The second question: What does it mean to be pro-Bible?
Many who are pro-gun pride themselves on their connection to the Bible.
I invite them to study the Bible with me.
• Come study the story of Cain and Abel. Abel’s bloods — yes, bloods, in the plural — cry to God from the ground. Bloods plural because when Cain killed Abel, he not only killed Abel, but also all his descendants. (None of the children killed in school shootings over the years will have children, much less descendants. Get your mind around that, pro-lifers.)
• Come study the story of Sodom and Gomorrah. Learn the story of a society that surrendered its soul to bloodshed and cruelty — and suffered horrific circumstances.
• Come study the Sixth Commandment — lo tirtzach — you shall not murder.
• Come study Leviticus 19 — you shall not stand idly by your neighbor’s blood.
• Come study the words of the Prophet Isaiah:
“Every head is ailing, and every heart is sick.
From head to foot, no spot is sound.
All bruises and welts, and festering sores …
When you lift up your hands, I will turn my eyes away from you;
Though you pray at length, I will not listen.
Your hands are stained with crime.”
Those hands are your hands — stained with the blood money of the National Rifle Association. Deal with it. Ask God for forgiveness.
Come study with me the words of this week’s Torah portion. It is arguably the most horrific verse in the entire Torah. It refers to the consequences of destruction in the northern kingdom of Israel. It contains a curse so despicable there is a tradition to read it in a whisper:
“You shall eat the flesh of your sons and the flesh of your daughters”
Yes, things would become so bad the ancient Israelites would have to resort to the unspeakable and the unthinkable. (It would not be the last time this happened in history. It happened during Stalin’s forced famine in Ukraine.)
The pro-gun lobby in this nation is inviting us to devour the flesh of our sons and of our daughters.
Yesterday, President Joe Biden had God on his lips. “When in God’s name are we going to stand up to the gun lobby?”

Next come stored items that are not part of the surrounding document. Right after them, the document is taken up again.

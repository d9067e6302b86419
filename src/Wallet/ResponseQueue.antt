-- ===== src/Wallet/ResponseQueue.antt =====
-- apps/extension-wallet/src/background/handlers/external/response-queue.ts. `answered` has the calls of
-- the callbacks in their order, the last first. The session storage does not fail. Params and results
-- are texts.
use ancore.Common.{
  ℕ, ◌+◌, Bool, false, ◌||◌, Option, none, some, List, [], ◌∷◌, ◌++◌, Text, codes, text_eq,
  text_beq, if◌then◌else◌, ltb, length,
}
use ancore.Common.Table
use ancore.Common.Table.{Table}

pub record ApprovalQueueEntry : Type 0 where
  pub request_id : Text
  pub origin : Text
  pub method : Text
  pub params : Text
  pub timestamp : ℕ

-- A call of `resolve` with the result, or of `reject` with the message.
pub data Answer : Type 0 where
  resolved_with rejected_with : Text → Answer

pub data SessionStatus : Type 0 where
  pending : SessionStatus
  settled : Answer → SessionStatus

-- A callback is told by its time of registration and a name.
pub record ResponseCallbackEntry : Type 0 where
  pub callback : ℕ
  pub registered_at : ℕ

pub record ResponseQueue : Type 0 where
  pub pending_approvals : Table Text ApprovalQueueEntry
  pub response_callbacks : Table Text ResponseCallbackEntry
  pub session_entries : Table Text SessionStatus
  pub answered : List (ℕ × Answer)

abbrev pub default_approval_ttl_ms : ℕ
default_approval_ttl_ms = 300000

abbrev pub no_requests : ResponseQueue
no_requests = record {
  pending_approvals = [];
  response_callbacks = [];
  session_entries = [];
  answered = [];
}

-- The callback is called, if there is one.
abbrev pub called : Option ResponseCallbackEntry → Answer → List (ℕ × Answer) → List (ℕ × Answer)
called none a log = log
called (some c) a log = (c.callback, a) ∷ log

-- `resolveRequest` and `rejectRequest`, by the answer. A callback that is not there is not deleted.
unfoldable pub answer_request : Text → Answer → ResponseQueue → ResponseQueue
answer_request id a q = record {
  pending_approvals = Table.delete id q.pending_approvals;
  response_callbacks = Table.delete id q.response_callbacks;
  session_entries = Table.set id (settled a) q.session_entries;
  answered = called (Table.get id q.response_callbacks) a q.answered;
}

unfoldable pub remove_approval : Text → ResponseQueue → ResponseQueue
remove_approval id q = record q { pending_approvals = Table.delete id q.pending_approvals }

unfoldable pub get_approval : Text → ResponseQueue → Option ApprovalQueueEntry
get_approval id q = Table.get id q.pending_approvals

unfoldable pub get_session_entry : Text → ResponseQueue → Option SessionStatus
get_session_entry id q = Table.get id q.session_entries

unfoldable pub clear_session_entry : Text → ResponseQueue → ResponseQueue
clear_session_entry id q = record q { session_entries = Table.delete id q.session_entries }

-- `now - timestamp > ttlMs`
abbrev pub is_stale : ℕ → ℕ → ℕ → Bool
is_stale now ttl_ms timestamp = ltb (timestamp + ttl_ms) now

-- The ids of a `Set`, in the order in which they are added.
abbrev pub has_id : Text → List Text → Bool
has_id id [] = false
has_id id (x ∷ ids) = text_beq x id || has_id id ids

abbrev pub add_id : Text → List Text → List Text
add_id id ids = if has_id id ids then ids else ids ++ (id ∷ [])

-- The two loops over the entries, which differ in the table alone.
unfoldable pub stale_ids {κ} : {V : Type κ} → (V → ℕ) → ℕ → ℕ → Table Text V → List Text → List Text
stale_ids timestamp now ttl_ms [] ids = ids
stale_ids timestamp now ttl_ms ((id, e) ∷ m) ids =
    stale_ids timestamp now ttl_ms m
      (if is_stale now ttl_ms (timestamp e) then add_id id ids else ids)

abbrev pub approval_time : ApprovalQueueEntry → ℕ
approval_time e = e.timestamp

abbrev pub callback_time : ResponseCallbackEntry → ℕ
callback_time e = e.registered_at

unfoldable pub reject_all : List Text → ResponseQueue → ResponseQueue
unfolding answer_request
reject_all [] q = q
reject_all (id ∷ ids) q =
    reject_all ids (answer_request id (rejected_with (codes "Request timed out")) q)

unfoldable pub sweep_stale_requests : ℕ → ℕ → ResponseQueue → ℕ × ResponseQueue
unfolding stale_ids reject_all
sweep_stale_requests ttl_ms now q =
    let ids =
      stale_ids callback_time now ttl_ms q.response_callbacks
        (stale_ids approval_time now ttl_ms q.pending_approvals []) in
    (length ids, reject_all ids q)

unfoldable pub enqueue_approval : Text → Text → Text → Text → ℕ → ResponseQueue → ResponseQueue
unfolding sweep_stale_requests
enqueue_approval id origin method params now q =
    let swept = (sweep_stale_requests default_approval_ttl_ms now q).1 in
    record {
      pending_approvals =
          Table.set id
            (record {
              request_id = id;
              origin = origin;
              method = method;
              params = params;
              timestamp = now;
            })
            swept.pending_approvals;
      response_callbacks = swept.response_callbacks;
      session_entries = Table.set id pending swept.session_entries;
      answered = swept.answered;
    }

unfoldable pub register_response_callbacks : Text → ℕ → ℕ → ResponseQueue → ResponseQueue
unfolding sweep_stale_requests
register_response_callbacks id callback now q =
    let swept = (sweep_stale_requests default_approval_ttl_ms now q).1 in
    record swept {
      response_callbacks =
          Table.set id (record { callback = callback; registered_at = now })
            swept.response_callbacks;
    }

He is right. Any coherent reading of the biblical text — both testaments — would force us to say the same thing. To be a religious individual, to act in God’s name, is to stand against those who seduce us into the kingdom of death.
You know that sweet, beautiful town in Connecticut — New Canaan?
The ancient Canaanites supposedly offered their children as human sacrifices and burned their children as offerings to the god Molech.
We are the New Canaan. A “modern” version of an ancient culture that sacrificed its children to Molech. That Molech is the gun lobby.
The Torah revolution was the revolution that said “no” to child sacrifice.
Until we engage in that revolution, in our time, we are idolaters.
Welcome to New Canaan.
(The views expressed in this opinion piece do not necessarily reflect those of Religion News Service.)